▶ **TASK TO CARRY OUT**
For each line in the records that contains "Result", make a copy.

▶ **DATA IN THIS EXERCISE**
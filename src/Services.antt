-- ===== src/Services.antt =====
-- internal/services: services in the database and their containers in Docker.
pub mod Validate
pub mod Rows
pub mod Launch
pub mod Deploy
pub mod Control
pub mod EnvVars
pub mod Frame
pub mod Slots
pub mod Isolation
pub mod Outcome
pub mod Launched
pub mod Atomic
pub mod Denied
pub mod Quota
pub mod Reset
pub mod Messages
pub mod Handlers
pub mod Statuses
pub mod Tests
pub mod StatusTests
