-- ===== src/Services/Atomic.antt =====
-- SetEnv and Create are all or nothing.
use agentic_paasd.Prelude.{◌≡◌, refl, false, Option, List, Text}
use agentic_paasd.Store.{Service, Tenant}
use agentic_paasd.Runtime.{Env, World, Error, Result, is_ok, skip, or_fail, random_id}
use agentic_paasd.Runtime.Keeps.{IsPreorder, Keeps, keeps_rules, Keeps-pure, Keeps-or_fail}
use agentic_paasd.Runtime.Post.{
  SameDb, SameDb-IsPreorder, SameDb-query, SameDb-time_now, Failsafe, Failsafe-bind, Failsafe-last,
  Failsafe-in_tx,
}
use agentic_paasd.Services.Rows.{require_active, check_tenant_active, get_owned}
use agentic_paasd.Services.Validate.{validate_env_vars}
use agentic_paasd.Services.EnvVars.{
  CreateRequest, check, check_quota, insert_service, set_env_vars, set_env, create,
}

module _ (env : Env) where
  pub SameDb-get_owned : (t i : Text) → Keeps SameDb (get_owned env t i)
  unfolding get_owned
  SameDb-get_owned t i = search (SameDb-IsPreorder, SameDb-query, keeps_rules) depth 9

  pub SameDb-check : (r : Result (Unit {0})) → Keeps SameDb (check r)
  unfolding check
  SameDb-check r = record { at = λ w. refl }

  SameDb-require_active : (t : Tenant) → Keeps SameDb (require_active t)
  SameDb-require_active t = search (SameDb-IsPreorder, keeps_rules) depth 9

  pub SameDb-check_tenant_active : (t : Text) → Keeps SameDb (check_tenant_active env t)
  unfolding check_tenant_active
  SameDb-check_tenant_active t =
      search (SameDb-IsPreorder, SameDb-query, SameDb-require_active, keeps_rules) depth 9

  pub SameDb-check_quota : (t : Text) → Keeps SameDb (check_quota env t)
  unfolding check_quota
  SameDb-check_quota t = search (SameDb-IsPreorder, SameDb-query, keeps_rules) depth 14

  pub SameDb-random_id : Keeps SameDb (random_id env)
  unfolding random_id
  SameDb-random_id = record { at = λ w. refl }

  -- SetEnv that fails, at whatever variable and for whatever reason, has written none of them.
  pub set_env_atomic :
      (tenant id : Text) (vars : List (Text × Text)) (w : World)
      → is_ok (set_env env tenant id vars w).0 ≡ false
      → (set_env env tenant id vars w).1.db ≡ w.db
  unfolding set_env set_env_vars
  set_env_atomic tenant id vars w h =
      (Failsafe-bind SameDb-IsPreorder _ _ (SameDb-get_owned tenant id) (λ s.
          Failsafe-bind SameDb-IsPreorder _ _ (SameDb-check (validate_env_vars vars))
            (λ _. Failsafe-in_tx env _ _ _))).at
        w h

  pub SameDb-or_fail : {A : Type 0} (r : Option A) (e : Error) → Keeps SameDb (or_fail r skip e)
  SameDb-or_fail r e = Keeps-or_fail SameDb-IsPreorder r skip e (Keeps-pure SameDb-IsPreorder tt)

  Failsafe-insert_service :
      (s : Service) (vars : List (Text × Text)) → Failsafe SameDb (insert_service env s vars)
  unfolding insert_service
  Failsafe-insert_service s vars = Failsafe-in_tx env _ _ _

  -- Create that fails has written neither the service nor any of its variables.
  pub create_atomic :
      (tenant : Text) (req : CreateRequest) (w : World)
      → is_ok (create env tenant req w).0 ≡ false
      → (create env tenant req w).1.db ≡ w.db
  unfolding create
  create_atomic tenant req w h =
      let k : Failsafe SameDb (create env tenant req) =
        Failsafe-bind o _ _ (SameDb-check_tenant_active tenant) λ _.
          Failsafe-bind o _ _ (SameDb-check _) λ _. Failsafe-bind o _ _ (SameDb-check _) λ _.
            Failsafe-bind o _ _ (SameDb-check_quota tenant) λ _.
              Failsafe-bind o _ _ SameDb-random_id λ r.
                Failsafe-bind o _ _ (SameDb-or_fail r Error.no_randomness) λ id.
                  Failsafe-bind o _ _ (SameDb-time_now env) λ now.
                    Failsafe-bind o _ _ (SameDb-check _)
                      λ _. Failsafe-last o _ _ (Failsafe-insert_service _ req.env) in
      k.at w h
    where
      o : IsPreorder SameDb
      o = SameDb-IsPreorder
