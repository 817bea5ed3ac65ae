-- ===== src/Services/Denied.antt =====
-- Variables that would change how a container's programs are loaded are kept out.
use agentic_paasd.Prelude.{
  ◌≡◌, refl, Bool, true, false, List, [], ◌∷◌, Text, any, arith, Bool-cases, inl, inr,
}
use agentic_paasd.Runtime.{Env, World, Result, ok, err, is_ok, continue, ◌>>=◌, Exec}
use agentic_paasd.Services.Validate.{
  is_denied, to_upper, key_matches, validate_env_var, validate_env_vars,
}
use agentic_paasd.Services.Rows.{get_owned, check_tenant_active}
use agentic_paasd.Services.EnvVars.{CreateRequest, check, set_env, create}
use agentic_paasd.Services.Atomic.{set_env_atomic, create_atomic}

abbrev pub names_denied : Text × Text → Bool
names_denied v = is_denied (to_upper v.0)

denied_var : (k v : Text) → is_denied (to_upper k) ≡ true → is_ok (validate_env_var k v) ≡ false
unfolding validate_env_var
denied_var k v h = elim (Bool-cases (key_matches k)) [ inl e ↦ rw (e, h) refl | inr e ↦ rw e refl ]

denied_vars :
    (vars : List (Text × Text))
    → any names_denied vars ≡ true
    → is_ok (validate_env_vars vars) ≡ false
unfolding validate_env_vars
denied_vars [] h = absurd (ground arith)
denied_vars ((k, v) ∷ vars) h = ground (arith, denied_var k v, denied_vars vars)

-- An action that fails whatever it is given makes a chain fail.
fails_bind :
    {A B : Type 0} (m : Exec A) (f : A → Exec B)
    → ((a : A) (w : World) → is_ok (f a w).0 ≡ false)
    → (w : World) → is_ok ((m >>= f) w).0 ≡ false
fails_bind m f h w = go (m w).0
  where
    go : (r : Result _) → is_ok (continue r f (m w).1).0 ≡ false
    go (ok a) = h a (m w).1
    go (err e) = refl

fails_check :
    {B : Type 0} (r : Result (Unit {0})) (f : Unit {0} → Exec B)
    → is_ok r ≡ false
    → (w : World) → is_ok ((check r >>= f) w).0 ≡ false
unfolding check
fails_check (ok a) f h w = absurd (ground arith)
fails_check (err e) f h w = refl

module _ (env : Env) where
  set_env_fails :
      (tenant id : Text) (vars : List (Text × Text)) (w : World)
      → any names_denied vars ≡ true
      → is_ok (set_env env tenant id vars w).0 ≡ false
  unfolding set_env
  set_env_fails tenant id vars w h =
      fails_bind (get_owned env tenant id) _
        (λ s v. fails_check (validate_env_vars vars) _ (denied_vars vars h) v) w

  create_fails :
      (tenant : Text) (req : CreateRequest) (w : World)
      → any names_denied req.env ≡ true
      → is_ok (create env tenant req w).0 ≡ false
  unfolding create
  create_fails tenant req w h =
      fails_bind (check_tenant_active env tenant) _
        (λ s.
          fails_bind _ _
            (λ u v. fails_check (validate_env_vars req.env) _ (denied_vars req.env h) v))
        w

-- A request with a variable whose name is, in any case of its letters, LD_PRELOAD,
-- LD_LIBRARY_PATH or PATH fails, be it SetEnv or Create, and leaves the database as it was.
pub denied_variable_changes_nothing :
    (env : Env) (tenant id : Text) (req : CreateRequest) (w : World)
    → any names_denied req.env ≡ true
    → (is_ok (set_env env tenant id req.env w).0 ≡ false)
      × ((set_env env tenant id req.env w).1.db ≡ w.db)
      × (is_ok (create env tenant req w).0 ≡ false)
      × ((create env tenant req w).1.db ≡ w.db)
denied_variable_changes_nothing env tenant id req w h =
    let s = set_env_fails env tenant id req.env w h in
    let c = create_fails env tenant req w h in
    (s, set_env_atomic env tenant id req.env w s, c, create_atomic env tenant req w c)
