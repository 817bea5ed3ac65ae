-- ===== src/Services/Frame.antt =====
-- A relation between worlds that the statements of a deploy keep, one by one, is kept by the
-- whole deploy of the places' holder: the frame that Slots and Isolation fill.
use agentic_paasd.Prelude.{
  ℕ, ◌≡◌, refl, Bool, true, false, Option, none, some, zero, suc, List, [], ◌∷◌, Text, inl, inr,
  Bool-cases,
}
use agentic_paasd.Store.{Db, Service, Status, Reason, Tenant, EnvRow, is_active}
use agentic_paasd.Runtime.{
  Env, World, Call, Error, raise, ◌>>◌, ignore, query, time_now, docker, docker_, docker_text,
  disk_check,
}
use agentic_paasd.Runtime.Keeps.{
  IsPreorder, Keeps, keeps_rules, Keeps-raise, Keeps-pure, Keeps-bind, Keeps-or_fail_with,
}
use agentic_paasd.Services.Rows.{
  owns, set_status, set_error, require_active, update_services, check_tenant_active, get_owned,
  update_status_scoped, update_status_with_error_scoped, get_resource_limits, decrypt_all,
  get_env_vars,
}
use agentic_paasd.Services.Launch.{set_launched, discard, settled, record_launch, launch}
use agentic_paasd.Services.Deploy.{
  image_set, fail_with, deploy_closed, deploy_held, deploy_image_held,
}

-- An update that leaves the row's key and owner.
pub record KeepsKey (f : Service → Service) : Type 0 where
  pub same_id : (s : Service) → (f s).id ≡ s.id
  pub same_tenant : (s : Service) → (f s).tenant_id ≡ s.tenant_id

pub record Frame (env : Env) (tenant id : Text) (R : World → World → Type 0) : Type 1 where
  pub order : IsPreorder R
  pub reads : {A : Type 0} (f : Db → A) → Keeps R (query env f)
  pub writes :
      (f : Service → Service) → KeepsKey f → Keeps R (update_services env (owns tenant id) f)
  pub clock : Keeps R (time_now env)
  pub disk : Keeps R (disk_check env)
  pub call : (c : Call) → Keeps R (docker env c)
  pub call_ : (c : Call) → Keeps R (docker_ env c)
  pub call_text : (c : Call) → Keeps R (docker_text env c)

set_status-KeepsKey : (status : Status) (now : ℕ) → KeepsKey (set_status status now)
set_status-KeepsKey status now = record { same_id = λ s. refl; same_tenant = λ s. refl }

set_error-KeepsKey :
    (status : Status) (reason : Reason) (now : ℕ) → KeepsKey (set_error status reason now)
set_error-KeepsKey status reason now = record { same_id = λ s. refl; same_tenant = λ s. refl }

set_launched-KeepsKey : (container : Text) (now : ℕ) → KeepsKey (set_launched container now)
set_launched-KeepsKey container now = record { same_id = λ s. refl; same_tenant = λ s. refl }

image_set-KeepsKey : (image : Text) (now : ℕ) → KeepsKey (image_set image now)
image_set-KeepsKey image now = record { same_id = λ s. refl; same_tenant = λ s. refl }

module _ {env : Env} {tenant id : Text} {R : World → World → Type 0} where
  frame_order : Frame env tenant id R → IsPreorder R
  frame_order F = F.order

  frame_reads : Frame env tenant id R → {A : Type 0} (f : Db → A) → Keeps R (query env f)
  frame_reads F f = F.reads f

  frame_writes :
      Frame env tenant id R
      → (f : Service → Service) → KeepsKey f
      → Keeps R (update_services env (owns tenant id) f)
  frame_writes F f k = F.writes f k

  frame_clock : Frame env tenant id R → Keeps R (time_now env)
  frame_clock F = F.clock

  frame_disk : Frame env tenant id R → Keeps R (disk_check env)
  frame_disk F = F.disk

  frame_call : Frame env tenant id R → (c : Call) → Keeps R (docker env c)
  frame_call F c = F.call c

  frame_call_ : Frame env tenant id R → (c : Call) → Keeps R (docker_ env c)
  frame_call_ F c = F.call_ c

  frame_call_text : Frame env tenant id R → (c : Call) → Keeps R (docker_text env c)
  frame_call_text F c = F.call_text c

ruleset frame_rules = (
  frame_order, frame_reads, frame_writes, frame_clock, frame_disk, frame_call, frame_call_,
  frame_call_text, set_status-KeepsKey, set_error-KeepsKey, set_launched-KeepsKey,
  image_set-KeepsKey, keeps_rules,
)

module _ {env : Env} {tenant id : Text} {R : World → World → Type 0}
    (F : Frame env tenant id R) where
  Keeps-require_active : (t : Tenant) → Keeps R (require_active t)
  Keeps-require_active t = elim (Bool-cases (is_active t.status)) [
    | inl e ↦ rw e (Keeps-pure F.order tt)
    | inr e ↦ rw e (Keeps-raise F.order Error.tenant_inactive)
  ]

  pub Keeps-check_tenant_active : Keeps R (check_tenant_active env tenant)
  unfolding check_tenant_active
  Keeps-check_tenant_active = search (frame_rules, Keeps-require_active) depth 9

  pub Keeps-get_owned : Keeps R (get_owned env tenant id)
  unfolding get_owned
  Keeps-get_owned = search frame_rules depth 9

  pub Keeps-update_status_scoped :
      (status : Status) → Keeps R (update_status_scoped env tenant id status)
  unfolding update_status_scoped
  Keeps-update_status_scoped status = search frame_rules depth 9

  Keeps-update_error :
      (status : Status) (reason : Reason)
      → Keeps R (update_status_with_error_scoped env tenant id status reason)
  unfolding update_status_with_error_scoped
  Keeps-update_error status reason = search frame_rules depth 9

  pub Keeps-fail_with : (reason : Reason) → Keeps R (fail_with env tenant id reason)
  unfolding fail_with
  Keeps-fail_with reason = Keeps-update_error Status.failed reason

  Keeps-get_resource_limits : Keeps R (get_resource_limits env tenant)
  unfolding get_resource_limits
  Keeps-get_resource_limits = search frame_rules depth 9

  Keeps-decrypt_all : (rows : List EnvRow) → Keeps R (decrypt_all env rows)
  unfolding decrypt_all
  Keeps-decrypt_all [] = Keeps-pure F.order []
  Keeps-decrypt_all (row ∷ rows) =
      Keeps-bind F.order _ _
        (Keeps-or_fail_with F.order (env.decrypt row.value_encrypted) ignore Error.decrypt_error
          (λ m. Keeps-pure F.order tt))
        (λ plain.
          Keeps-bind F.order _ _ (Keeps-decrypt_all rows)
            (λ rest. Keeps-pure F.order ((row.key, plain) ∷ rest)))

  Keeps-get_env_vars : Keeps R (get_env_vars env id)
  unfolding get_env_vars
  Keeps-get_env_vars = search (frame_rules, Keeps-decrypt_all) depth 9

  Keeps-discard : (container : Text) → Keeps R (discard env container)
  Keeps-discard container = search frame_rules depth 9

  Keeps-settled : (container : Text) (rows : Option ℕ) → Keeps R (settled env container rows)
  Keeps-settled container none = search (frame_rules, Keeps-discard) depth 9
  Keeps-settled container (some zero) = search (frame_rules, Keeps-discard) depth 9
  Keeps-settled container (some (suc n)) = search frame_rules depth 9

  pub Keeps-record_launch : (container : Text) → Keeps R (record_launch env tenant id container)
  unfolding record_launch
  Keeps-record_launch container = search (frame_rules, Keeps-settled) depth 9

  pub Keeps-launch : (s : Service) (image : Text) → Keeps R (launch env tenant id s image)
  unfolding launch
  Keeps-launch s image =
      search
        (
          frame_rules, Keeps-get_env_vars, Keeps-update_error, Keeps-get_resource_limits,
          Keeps-record_launch,
        )
        depth 12

  pub Keeps-deploy_closed : (s : Service) → Keeps R (deploy_closed env tenant id s)
  unfolding deploy_closed
  Keeps-deploy_closed s =
      search
        (
          frame_rules, Keeps-fail_with, Keeps-update_status_scoped, Keeps-get_owned, Keeps-discard,
          Keeps-launch,
        )
        depth 24

  Keeps-deploy_owned :
      (s : Service) (b : Bool)
      → Keeps R (elim b [
        | true ↦ fail_with env tenant id Reason.circuit_is_open >> raise Error.circuit_is_open
        | false ↦ deploy_closed env tenant id s
      ])
  Keeps-deploy_owned s true = search (frame_rules, Keeps-fail_with) depth 9
  Keeps-deploy_owned s false = Keeps-deploy_closed s

  pub Keeps-deploy_held : Keeps R (deploy_held env tenant id)
  unfolding deploy_held
  Keeps-deploy_held =
      Keeps-bind F.order _ _ Keeps-get_owned (λ s. Keeps-deploy_owned s s.circuit_open)

  pub Keeps-deploy_image_held : (image : Text) → Keeps R (deploy_image_held env tenant id image)
  unfolding deploy_image_held
  Keeps-deploy_image_held image =
      search
        (
          frame_rules, Keeps-fail_with, Keeps-update_status_scoped, Keeps-get_owned, Keeps-discard,
          Keeps-launch,
        )
        depth 24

▶ **TASK RESPONSE**
use agentic_paasd.Runtime.{Env, World, Error, Result, is_ok, skip, or_fail, random_id}
  pub SameDb-check : (r : Result (Unit {0})) → Keeps SameDb (check r)
use agentic_paasd.Runtime.{Env, World, Result, ok, err, is_ok, continue, ◌>>=◌, Exec}
    go : (r : Result _) → is_ok (continue r f (m w).1).0 ≡ false
    {B : Type 0} (r : Result (Unit {0})) (f : Unit {0} → Exec B)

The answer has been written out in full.